Collins wrestles heavily with the basic ideas of head vs. body, the intellect vs. the instinct. She comes up with some interesting images from dancing at a party, to a more imaginative one: the fivesome spends the night in sleeping bags near a swimming pool, and the magic-shell game of wet people climbing back into sleeping bags makes for a tense moment. Perhaps most striking of all is the final moment, involving a gun.

It would be hard to sell Losing Ground as a major film in and of itself; it's very low-budget and a little awkward here and there, and a little obvious in other places. Sara wears big glasses, buttoned-up dresses, and pinned-up hair to suggest her braininess and being out-of-touch with her sensual self; yet the students still seem to think she's an angel and not a drip.

But as a piece of history, it's essential. Remarkably, Collins simply tells a story of African-Americans. She does not tell a story about the condition of being African-American, about discrimination or alienation or anger. It barely comes up. (Sara's mother is a stage actress who wishes she could play a more "real" role.) This is the opposite of what many other African-American films had to go through to be noticed in the 1980s and 1990s; they had to show the exact condition of the African-American as the "other."

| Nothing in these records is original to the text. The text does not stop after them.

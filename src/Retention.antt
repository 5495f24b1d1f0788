-- ===== src/Retention.antt =====
-- internal/application/retention.go: which torrent is evicted next, and why. Records hold the fields
-- that the code here reads. `float64` is a parameter `F` with its operations; an instant is a number
-- of nanoseconds; identifiers and rule atoms are ASCII texts.
pub mod Order
pub mod Victim
pub mod Household
pub mod Latest
pub mod Survey
pub mod Eviction
pub mod Run
pub mod Admission
mod Tests
use torrent_tv.Prelude.{
  ℕ, ◌+◌, Time, Bool, true, false, not, ◌&&◌, ◌||◌, Option, none, some, List, [], ◌∷◌, ltb, ◌==◌,
  if◌then◌else◌, null,
}
use torrent_tv.Prelude.Int.{ℤ, pos, ltb_ℤ, sub64}
use torrent_tv.Prelude.Bytes.{Bytes, codes, eqb, lower, trim_space}
use torrent_tv.Prelude.Comparators.{
  Ordering, swap, is_less, or_else, compare_nat, compare_int, compare_bytes,
}

-- What the code does with `float64`: comparisons, and `int64(gb * (1 << 30))`.
pub record Float (F : Type 0) : Type 0 where
  pub lt : F → F → Bool
  pub le : F → F → Bool
  pub nought : F
  pub one : F
  pub gibi_bytes : F → ℤ

pub record Download (F : Type 0) : Type 0 where
  pub id : Bytes
  pub release_id : Bytes
  pub engine_id : Bytes
  pub progress : F
  pub leased : Bool
  pub updated_at : Time

pub record DownloadStatus (F : Type 0) : Type 0 where
  pub progress : F
  pub total_bytes : ℤ

pub record Settings (F : Type 0) : Type 0 where
  pub allocation_gb : F
  pub reserve_gb : F
  pub eviction_rules : List Bytes
  pub protect_incomplete : Bool
  pub protect_leased : Bool
  pub protect_favorites : Bool
  pub protect_never_watched : Bool

-- A route is made from its first row; `rows` are that and the others, in the order of the store.
pub record RetentionRoute (F : Type 0) : Type 0 where
  pub engine_id : Bytes
  pub hash : Bytes
  pub first : Download F
  pub others : List (Download F)
  pub status : DownloadStatus F
  pub favorite : Bool
  pub watched : Bool
  pub last_played : Time

module _ {F : Type 0} where
  abbrev pub rows_of : RetentionRoute F → List (Download F)
  rows_of r = r.first ∷ r.others

  -- The loop of `completedAt` over the rows after the first.
  pub oldest : Time → List (Download F) → Time
  oldest t [] = t
  oldest t (row ∷ rows) = oldest (if ltb row.updated_at t then row.updated_at else t) rows

  pub completed_at : RetentionRoute F → Time
  unfolding oldest
  completed_at r = oldest r.first.updated_at r.others

  pub last_activity : RetentionRoute F → Time
  last_activity r = if not (r.last_played == 0) then r.last_played else completed_at r

  -- `leases` says which downloads have an open stream, by the in-memory table.
  pub row_leased : (Bytes → Bool) → Download F → Bool
  row_leased leases d = leases d.id || d.leased

  pub route_leased : (Bytes → Bool) → List (Download F) → Bool
  unfolding row_leased
  route_leased leases [] = false
  route_leased leases (row ∷ rows) = row_leased leases row || route_leased leases rows

  module _ (float : Float F) where
    pub rows_incomplete : List (Download F) → Bool
    rows_incomplete [] = false
    rows_incomplete (row ∷ rows) = float.lt row.progress float.one || rows_incomplete rows

    pub route_incomplete : RetentionRoute F → Bool
    unfolding rows_incomplete
    route_incomplete r = float.lt r.status.progress float.one || rows_incomplete (rows_of r)

    pub retention_protected : (Bytes → Bool) → Settings F → RetentionRoute F → Bool
    unfolding route_incomplete route_leased
    retention_protected leases settings r =
        (settings.protect_incomplete && route_incomplete r)
        || (settings.protect_leased && route_leased leases (rows_of r))
        || (settings.protect_favorites && r.favorite)
        || (settings.protect_never_watched && not r.watched)

pub data Rule : Type 0 where
  oldest_completed newest_completed least_recently_played most_recently_played : Rule
  watched_first never_watched_first largest smallest : Rule

-- The switch of `compareEvictionRule`: what it does not recognise is `oldest-completed`.
pub rule_of : Bytes → Rule
unfolding eqb
rule_of rule =
    if eqb rule (codes "newest-completed")
    then newest_completed
    else if eqb rule (codes "least-recently-played")
    then least_recently_played
    else if eqb rule (codes "most-recently-played")
    then most_recently_played
    else if eqb rule (codes "watched-first")
    then watched_first
    else if eqb rule (codes "never-watched-first")
    then never_watched_first
    else if eqb rule (codes "largest")
    then largest
    else if eqb rule (codes "smallest")
    then smallest
    else oldest_completed

-- `boolFirst`: true before false.
abbrev pub bool_first : Bool → Bool → Ordering
bool_first true true = Ordering.eq
bool_first true false = Ordering.lt
bool_first false true = Ordering.gt
bool_first false false = Ordering.eq

module _ {F : Type 0} where
  pub compare_by : Rule → RetentionRoute F → RetentionRoute F → Ordering
  compare_by newest_completed a b = compare_nat (completed_at b) (completed_at a)
  compare_by least_recently_played a b = compare_nat (last_activity a) (last_activity b)
  compare_by most_recently_played a b = compare_nat (last_activity b) (last_activity a)
  compare_by watched_first a b = bool_first a.watched b.watched
  compare_by never_watched_first a b = bool_first (not a.watched) (not b.watched)
  compare_by largest a b = compare_int b.status.total_bytes a.status.total_bytes
  compare_by smallest a b = compare_int a.status.total_bytes b.status.total_bytes
  compare_by oldest_completed a b = compare_nat (completed_at a) (completed_at b)

  pub compare_eviction_rule : Bytes → RetentionRoute F → RetentionRoute F → Ordering
  unfolding compare_by rule_of
  compare_eviction_rule rule = compare_by (rule_of rule)

  -- The order of `applyEvictionRules`; its less function says that the first comes before.
  pub compare_routes : List Bytes → RetentionRoute F → RetentionRoute F → Ordering
  unfolding compare_eviction_rule
  compare_routes [] a b =
      or_else (compare_nat (completed_at a) (completed_at b))
        (compare_bytes a.engine_id b.engine_id)
  compare_routes (rule ∷ rules) a b =
      or_else (compare_eviction_rule rule a b) (compare_routes rules a b)

  pub less : List Bytes → RetentionRoute F → RetentionRoute F → Bool
  unfolding compare_routes
  less rules a b = is_less (compare_routes rules a b)

-- `config.NormalizeEvictionRules`.
normalize : List Bytes → List Bytes
unfolding lower trim_space
normalize [] = []
normalize (rule ∷ rules) =
    let atom = lower (trim_space rule) in
    let rest = normalize rules in if null atom then rest else atom ∷ rest

unfoldable pub normalize_eviction_rules : List Bytes → List Bytes
unfolding normalize
normalize_eviction_rules rules =
    let out = normalize rules in if null out then codes "oldest-completed" ∷ [] else out

pub data Reason : Type 0 where
  cap reserve : Reason

-- One evaluation of the storage: `free` is the free space, `none` where it cannot be read.
pub record RetentionPlan (F : Type 0) : Type 0 where
  pub routes : List (RetentionRoute F)
  pub stored_bytes : ℤ
  pub free : Option ℤ
  pub uncertain_owners : List Bytes

module _ {F : Type 0} (float : Float F) where
  abbrev reserve_short : Settings F → Option ℤ → Bool
  reserve_short settings none = false
  reserve_short settings (some bytes) = ltb_ℤ bytes (float.gibi_bytes settings.reserve_gb)

  unfoldable pub retention_deficit : RetentionPlan F → Settings F → Option Reason
  unfolding sub64
  retention_deficit plan settings =
      if float.lt float.nought settings.allocation_gb
        && ltb_ℤ (pos 0) (sub64 plan.stored_bytes (float.gibi_bytes settings.allocation_gb))
      then some cap
      else if float.lt float.nought settings.reserve_gb && reserve_short settings plan.free
      then some reserve
      else none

Losing Ground is a movie about smart, creative people having some trouble in their lives; it can be written about in film studies classes, or it can be enjoyed by smart, creative people everywhere. Milestone's two-disc Blu-ray set includes a remastered transfer of the film, plus a commentary track by Professors LaMonda Horton-Stallings and Terri Francis, a trailer for the 2015 theatrical release, Collins' previous film, the 50-minute The Cruz Brothers and Miss Malloy; video interviews with cinematographer Ronald K. Gray, actress Seret Scott, and Collins' daughter Nina; an archival interview with Collins, and more.